The backpack empty, he stripped down to skin and threw his clothes into one of the open tanks. His glasses followed. He went back to the table, put on a pair of bikini underwear and grabbed the two blood bags. He emptied the bags into the vat next, first the blood then the cellulite, making a sickening splattering sound as the fluids and fat hit the stainless steel bottom of the tank. The two empty blood bags went into a gallon ziplock that he sealed up carefully. He then grabbed the green tin from the table and dumped his teeth into the vat.
He went back to the table and pulled out electric clippers and a black trash bag. He found an outlet and proceeded to shave his head, spilling the long black hair directly into the waiting bag.

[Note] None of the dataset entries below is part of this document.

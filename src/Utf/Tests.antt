-- ===== src/Utf/Tests.antt =====
-- The conversions of src/util.c at concrete texts.
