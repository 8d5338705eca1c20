-- ===== src/Util/Inside.antt =====
-- When util_split of src/util.c stays inside its copy of the string.
use fireflymediaserver.Prelude.{
  ℕ, zero, suc, ◌≤◌, ◌<◌, ◌≡◌, refl, ap, List, [], ◌∷◌, Option, none, some, length, arith, ◌==◌,
  Bytes, Bool-cases, inl, inr,
}
use fireflymediaserver.Util.{
  has, skip_leading, count_from, cut, fix, tokens, overrun, argv, split_result, util_split,
}

-- The delimiters that are counted from where `tmp` points, with the one in front of it.
abbrev rest_count : Bytes → Option Bytes → ℕ
rest_count delimiters none = 0
rest_count delimiters (some s) = suc (count_from delimiters s)

count-cut :
    (delimiters s : Bytes) → rest_count delimiters (cut delimiters s).1 ≡ count_from delimiters s
unfolding cut count_from
count-cut delimiters [] = refl
count-cut delimiters (c ∷ []) = elim (Bool-cases (has delimiters c)) [
  | inl e ↦ rw e refl
  | inr e ↦ rw e refl
]
count-cut delimiters (c ∷ e ∷ s) = elim (Bool-cases (has delimiters c)) [
  | inl h ↦ elim (Bool-cases (e == c)) [
    | inl same ↦ rw (h, same) (count-cut delimiters s)
    | inr other ↦ rw (h, other) refl
  ]
  | inr h ↦ rw h (count-cut delimiters (e ∷ s))
]

-- As many tokens are there as delimiters are counted, and one.
Counted : Bytes → ℕ → Option Bytes → ℕ → Type 0
Counted delimiters n tmp count =
    (n ≤ count → (args : List Bytes) × (tokens delimiters n tmp ≡ some args) × (length args ≡ n))
    × (count < n → tokens delimiters n tmp ≡ none)

tokens_next :
    (delimiters : Bytes) (n count : ℕ) (s : Bytes)
    → Counted delimiters n (cut delimiters s).1 count
    → Counted delimiters (suc n) (some s) (suc count)
unfolding Counted tokens
tokens_next delimiters n count s (enough, few) = (
  λ h.
      (let (args, e, l) = enough (omega arith) in
        (fix delimiters (cut delimiters s).0 ∷ args, rw e refl, ap suc l)),
  λ h. (let e = few (omega arith) in rw e refl),
)

tokens-Counted :
    (delimiters : Bytes) (n : ℕ) (tmp : Option Bytes)
    → Counted delimiters n tmp (rest_count delimiters tmp)
unfolding Counted tokens
tokens-Counted delimiters zero tmp = (λ h. ([], refl, refl), λ h. absurd (omega arith))
tokens-Counted delimiters (suc n) none = (λ h. absurd (omega arith), λ h. refl)
tokens-Counted delimiters (suc n) (some s) =
    let after : Counted delimiters n (cut delimiters s).1
        (rest_count delimiters (cut delimiters s).1) =
      tokens-Counted delimiters n (cut delimiters s).1 in
    let later : Counted delimiters n (cut delimiters s).1 (count_from delimiters s) =
      rw (count-cut delimiters s) at after in
    tokens_next delimiters n (count_from delimiters s) s later

-- A string is cut into one token more than it has delimiters, two equal ones side by side not counted,
-- where the delimiters that are skipped at its start do not count among them. Where they do, the array
-- gets more tokens than the copy has, and the function reads and writes behind the end of the copy.
pub util_split-inside :
    (s delimiters : Bytes)
    → (count_from delimiters s ≤ count_from delimiters (skip_leading delimiters s)
        → (args : List Bytes) × (util_split (some s) (some delimiters) ≡ argv args)
          × (length args ≡ suc (count_from delimiters s)))
      × (count_from delimiters (skip_leading delimiters s) < count_from delimiters s
          → util_split (some s) (some delimiters) ≡ overrun)
unfolding util_split Counted
util_split-inside s delimiters =
    let (enough, few) =
      tokens-Counted delimiters (suc (count_from delimiters s))
        (some (skip_leading delimiters s)) in
    (
      λ h. (let (args, e, l) = enough (omega arith) in (args, ap split_result e, l)),
      λ h. ap split_result (few (omega arith)),
    )
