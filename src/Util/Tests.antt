-- ===== src/Util/Tests.antt =====
-- Runs of util_split of src/util.c.
use fireflymediaserver.Prelude.{
  ◌≡◌, suc, ◌≤◌, ◌<◌, refl, List, [], ◌∷◌, ◌++◌, some, Bytes, codes, length,
}
use fireflymediaserver.Util.{
  has, count_from, skip_leading, util_split, argv, overrun, util_djb_hash_block, cut, fix, tokens,
}
use fireflymediaserver.Util.Inside.{util_split-inside}
use fireflymediaserver.Util.RoundTrip.{escape, joined_rest, AllStart, util_split-joined}

abbrev comma : Bytes
comma = codes ","

split_doubled :
    util_split (some (codes "a,,b,c")) (some comma) ≡ argv (codes "a,b" ∷ codes "c" ∷ [])
unfolding util_split has count_from skip_leading cut fix tokens
split_doubled = refl

split_leading : util_split (some (codes ",a")) (some comma) ≡ overrun
unfolding util_split has count_from skip_leading cut fix tokens
split_leading = refl

hash_of_block : util_djb_hash_block (codes "ab") ≡ 5863208
unfolding util_djb_hash_block
hash_of_block = refl

abbrev two_paths : List Bytes
two_paths = codes "/b,c" ∷ codes "/d" ∷ []

util_split-joined_example :
    util_split (some (escape comma (codes "/a") ++ joined_rest comma 44 two_paths)) (some comma)
    ≡ argv (codes "/a" ∷ two_paths)
unfolding AllStart has
util_split-joined_example =
    util_split-joined comma 44 (codes "/a") two_paths refl (47, codes "a", refl, refl)
      ((47, codes "b,c", refl, refl), ((47, codes "d", refl, refl), tt))

util_split-inside_example :
    (count_from comma (codes ",a") ≤ count_from comma (skip_leading comma (codes ",a"))
      → (args : List Bytes) × (util_split (some (codes ",a")) (some comma) ≡ argv args)
        × (length args ≡ suc (count_from comma (codes ",a"))))
    × (count_from comma (skip_leading comma (codes ",a")) < count_from comma (codes ",a")
        → util_split (some (codes ",a")) (some comma) ≡ overrun)
util_split-inside_example = util_split-inside (codes ",a") comma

With his head completely bald except for low, coarse stubble, he turned his attention to his arms and legs, removing all of the sparse hair he had on his limbs.
Using a washbasin in the corner of the lab, he pulled his razor off the table and proceeded to carefully shave every surface of his exposed skin save his eyebrows, rinsing the razor as he went. Once finished, he put the razor back in the pack and emptied the bag of hair into the vat. Xen paused for a moment, taking in what he’d done. A nervous laughter bubbled out of him as he stared down at the scattered mess in the bottom of the vat.
“That’s just nasty,” he said and tried to get hold of his laughing.
He closed the swinging door and twisted down the sealing lever. It was time to put together his disguise. Panty hose went on first. He’d never worn them before and had no idea what to expect. They tingled as they went on, and he stood there looking at his legs for a minute. He realized that he actually had nice legs.
Pushing the rather bizarre thought away, he grabbed the padded bra he’d picked up and spent the next five minutes trying to put the thing on, straining his arms behind his back.
“How the hell do women do this?” he asked the bra.
Finally, he pulled it back off, hooked the clasps and pulled it over his head, adjusting it into place with a frustrated sigh of accomplishment. The dress went over his head next—a blue, high-collared affair with short sleeves and a skirt that went down to his knees. He buttoned up the collar and adjusted it in a few places.
He grabbed a tube of light red lipstick and a small mirror. Working clumsily, he put it on and pinched his lips together the way he’d seen so many women do. Even to his untrained eye, it looked pretty bad. He went to the sink again, grabbed some paper towel and rubbed it off, carefully avoiding spreading it around. He put some more on, using less this time, and went through the lip motion again. This time it didn’t make him look like a bald, hooker, so he gave it a rest.
He pulled out a long, curly black wig and slipped that over his head, adjusting it carefully in the mirror. Shoes went on next, blue pumps with the lowest, widest heels he could find. He folded and compressed the first backpack then slipped it into a smaller one. The trash, razor, clippers, and everything else went inside, and he spent the next ten minutes walking around the area making sure that he hadn’t left anything.
Grabbing more paper towels and using bleach, he thoroughly wiped down every surface he’d touched and every other surface even remotely nearby. When the area was as spotless as he could make it, he went over to the tank control panel and, using more paper towel to touch the controls, flipped the pump power switch. When the light above it went green, he selected the tank with the mess inside as the receiver and the full tank as the sender. He pressed the transfer button and heard the satisfying sound of fluid pouring into the vat.